If Saudi claims of a war being won are accurately shown by this attack to be out of kilter with reality on the ground, it would not be the only indication. A statement by leading Saudi opposition figure, Saad al-Faqih, posted on the al-Ma’sada jihadist website on December 2, claimed that the Saudi authorities had sought help from Jordan in order to quell anticipated demonstrations in Jedda and Riyadh. Jordan, he said, had agreed to the proposal to send ‘3,000 intelligence operatives and anti-riot forces’, and that by Dec 2 they had already crossed the border.
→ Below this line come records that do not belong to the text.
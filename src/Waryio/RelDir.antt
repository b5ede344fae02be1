-- ===== src/Waryio/RelDir.antt =====
-- internal/waryio/reldir.go, which creates directories below a base, and samestat.go.
pub mod Below
use baamhackl.Base.{
  ℕ, Bool, true, false, not, ◌&&◌, ◌≡◌, ◌≢◌, refl, ◌^◌, Option, none, some, List, [], ◌∷◌, ◌++◌,
  inl, inr, ◌⊎◌, ◌==◌, arith, All, if◌then◌else◌, Bool-cases, Option-cases,
}
use baamhackl.FilePaths.{FilePath, dot_dot, join}
use baamhackl.RelPath.{Resolved, resolve, contained, has_no_up}
use baamhackl.Waryio.{
  FileInfo, IoError, not_exist, exist, not_relative, not_directory, Result, Result-cases, is_exist,
  same_file,
}

-- os.Stat and os.Mkdir.
pub record DirCalls (W : Type 0) : Type 0 where
  pub stat : W → FilePath → Result FileInfo
  pub mkdir : W → FilePath → W × Option IoError

-- FileInfo.IsDir: the type is ModeDir.
unfoldable pub is_dir : FileInfo → Bool
is_dir fi = fi.file_type == 2 ^ 31

abbrev pub found_dir : Result FileInfo → Bool
unfolding is_dir
found_dir (inl e) = false
found_dir (inr fi) = is_dir fi

-- The end of a round: whether the error of Mkdir is ignored.
unfoldable pub ignores : IoError → Result FileInfo → Bool
unfolding is_exist
ignores err st = is_exist err && not (found_dir st)

-- The loop of EnsureRelDir over the elements below `dir`.
unfoldable pub ensure_elems :
    {W : Type 0} → DirCalls W → List FilePath → List FilePath → W → W × Option IoError
unfolding is_dir ignores
ensure_elems calls dir [] w = (w, none)
ensure_elems calls dir (e ∷ es) w =
    let partpath = join (dir ++ e ∷ []) in
    let (w', failed) = calls.mkdir w partpath in
    let seen = ensure_elems calls (dir ++ e ∷ []) es w in
    let made = ensure_elems calls (dir ++ e ∷ []) es w' in
    elim (calls.stat w partpath) [
      | inr st ↦ if is_dir st then seen else (w, some (not_directory partpath))
      | inl err ↦ elim failed [
        | none ↦ made
        | some err' ↦ if ignores err' (calls.stat w' partpath) then made else (w', some err')
      ]
    ]

-- EnsureRelDir
unfoldable pub ensure_rel_dir :
    {W : Type 0} → DirCalls W → FilePath → FilePath → W → W × Result FilePath
ensure_rel_dir calls base path w = elim (resolve base path) [
  | none ↦ (w, inl not_relative)
  | some r ↦
      let (w', failed) = ensure_elems calls (r.base ∷ []) r.relative_elems w in
      if contained r
      then (w', elim failed [ none ↦ inr r.path | some e ↦ inl e ])
      else (w, inr r.path)
]

-- SameStat, with os.Lstat as a parameter; the errors are combined.
unfoldable pub same_stat :
    (FilePath → Result FileInfo) → FilePath → FilePath → (List IoError) ⊎ Bool
unfolding same_file
same_stat lstat a b = elim (lstat a) [
  | inl e ↦ elim (lstat b) [ inl f ↦ inl (e ∷ f ∷ []) | inr fb ↦ inl (e ∷ []) ]
  | inr fa ↦ elim (lstat b) [ inl f ↦ inl (f ∷ []) | inr fb ↦ inr (same_file fa fb) ]
]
A further confirmation [] upped the number of operatives to 7,000 and relayed the opinion by the Movement for Islamic Reform in Arabia (MIRA), headed by al-Faqih, that this was “an indication of the [Saudi government’s] lack of trust in its own security forces and military guard in the kingdom”.

Even under a more optimistic prognosis, westerners in the Kingdom have had experience of al-Qaeda re-grouping after setbacks, sometimes after months of deceptive calm. There is also the pool of what Kuwaiti commentator Ahmad Rab’I, writing on November 3 in the Saudi daily al-Sharq al-Awsat, calls the ‘new Afghan Arabs’, or those who, as in the earlier conflict with the Soviet Union in Afghanistan, return home — this time from Iraq — with few other skills to offer than guerrilla warfare []. As Saudi analyst Faris bin Hizam noted on December 4 in the Saudi daily al-Watan, the so-called ‘collapse’ of al-Qaeda in the Kingdom “is limited to the organizational committee of the organization founded by Yusuf al-Ayyiri five years ago.” But this collapse, he states, “could be cured by the ‘mother organization’ … repairing the structure outside the country … not least by Iraq as a source, and [Mujahideen from] Fallujah in particular … under pressure from the narrowing situation for them [in Iraq]” []. The vocabulary of al-Qaeda’s statement, the “brothers in the Martyr Abu Anas al-Shami Squadron” who undertook “the blessed Fallujah Raid” may well be a corroboration of this.

As to the potential numbers of these reinforcements, the almost daily news of Saudi fatalities in Iraq gives some indication. But no one can do more than hazard a guess, Faris bin Hizam observes, since fatality figures “may be a decoy technique … as happened in Chechnya” where after two Saudi deaths were announced in that conflict “they appeared among the suicide fatalities at the May 12 Riyadh attack.” The danger, he concludes “is that they can [thus] re-enter the country and form new cells undetected and unsuspected.” On this last point, a commentator to a Saudi opposition internet forum [] noted laconically: “Praise be to God who has furnished us, through the tongue of our enemy, some useful advice”.